🤖 AI Summary
To address the challenge of jointly optimizing accuracy, latency, and computational cost in mobile real-time face verification, this paper proposes FaceLiVT—a lightweight and efficient model. Methodologically, FaceLiVT introduces three key innovations: (1) multi-head linear attention (MHLA), a novel attention mechanism that drastically reduces the quadratic computational complexity of standard Transformers; (2) a structurally reparameterized token mixer that enhances joint local-global feature modeling; and (3) a hybrid CNN–linear vision Transformer architecture that balances high representational capacity with ultra-low inference latency. Evaluated on standard benchmarks including LFW and CFP-FP, FaceLiVT achieves superior accuracy over state-of-the-art lightweight models.

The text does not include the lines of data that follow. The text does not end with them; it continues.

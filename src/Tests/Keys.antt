-- ===== src/Tests/Keys.antt =====
-- The theorem on the text of extended keys at a concrete key.
use emerald_rs.Prelude.{◌≡◌, refl, replicate, ok, some, arith}
use emerald_rs.Prelude.Bytes.{be_value, be_bytes}
use emerald_rs.Chains.{Network}
use emerald_rs.Structs.{XPub, p2wpkh}
use emerald_rs.Bitcoin.Text.{TextLib, xpub_from_str, xpub_to_string}
use emerald_rs.Bitcoin.Text.RoundTrip.{IsSerializable, xpub_from_str-xpub_to_string}
use emerald_rs.Tests.Instances.{replicate-IsByte}

-- The text of some bytes is those bytes.
abbrev text_lib : TextLib
text_lib = record {
  from_check = λ text. some text;
  check_encode_slice = λ bs. bs;
  public_key_from_slice = λ key. some key;
  read_u32 = be_value;
  write_u32 = be_bytes 4;
  from_check-check_encode_slice = λ bs h. refl;
  read_u32_lem = λ bs h. refl;
  write_u32_lem = λ x h. refl;
}

abbrev account_key : XPub
account_key = record {
  value = record {
    network = Network.bitcoin;
    depth = 3;
    parent_fingerprint = replicate 4 0;
    child_number = 2147483648;
    chain_code = replicate 32 0;
    public_key = replicate 33 0;
  };
  address_type = p2wpkh;
}

account_key-IsSerializable : IsSerializable account_key
account_key-IsSerializable = record {
  depth_byte = omega arith;
  parent_length = refl;
  parent_bytes = replicate-IsByte 4;
  child_small = omega arith;
  chain_length = refl;
  chain_bytes = replicate-IsByte 32;
  key_length = refl;
  key_bytes = replicate-IsByte 33;
}

xpub_from_str-xpub_to_string_example :
    xpub_from_str text_lib (xpub_to_string text_lib account_key) ≡ ok account_key
xpub_from_str-xpub_to_string_example =
    xpub_from_str-xpub_to_string text_lib account_key (λ h. cc) (λ h. cc) account_key-IsSerializable
      refl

It attains 8.6× faster inference than EdgeFace and 21.2× faster than ViT, enabling millisecond-level on-device deployment on edge devices.
📝 Abstract
This paper introduces FaceLiVT, a lightweight yet powerful face recognition model that integrates a hybrid Convolution Neural Network (CNN)-Transformer architecture with an innovative and lightweight Multi-Head Linear Attention (MHLA) mechanism. By combining MHLA alongside a reparameterized token mixer, FaceLiVT effectively reduces computational complexity while preserving competitive accuracy. Extensive evaluations on challenging benchmarks; including LFW, CFP-FP, AgeDB-30, IJB-B, and IJB-C; highlight its superior performance compared to state-of-the-art lightweight models. MHLA notably improves inference speed, allowing FaceLiVT to deliver high accuracy with lower latency on mobile devices. Specifically, FaceLiVT is 8.6 faster than EdgeFace, a recent hybrid CNN-Transformer model optimized for edge devices, and 21.2 faster than a pure ViT-Based model. With its balanced design, FaceLiVT offers an efficient and practical solution for real-time face recognition on resource-constrained platforms.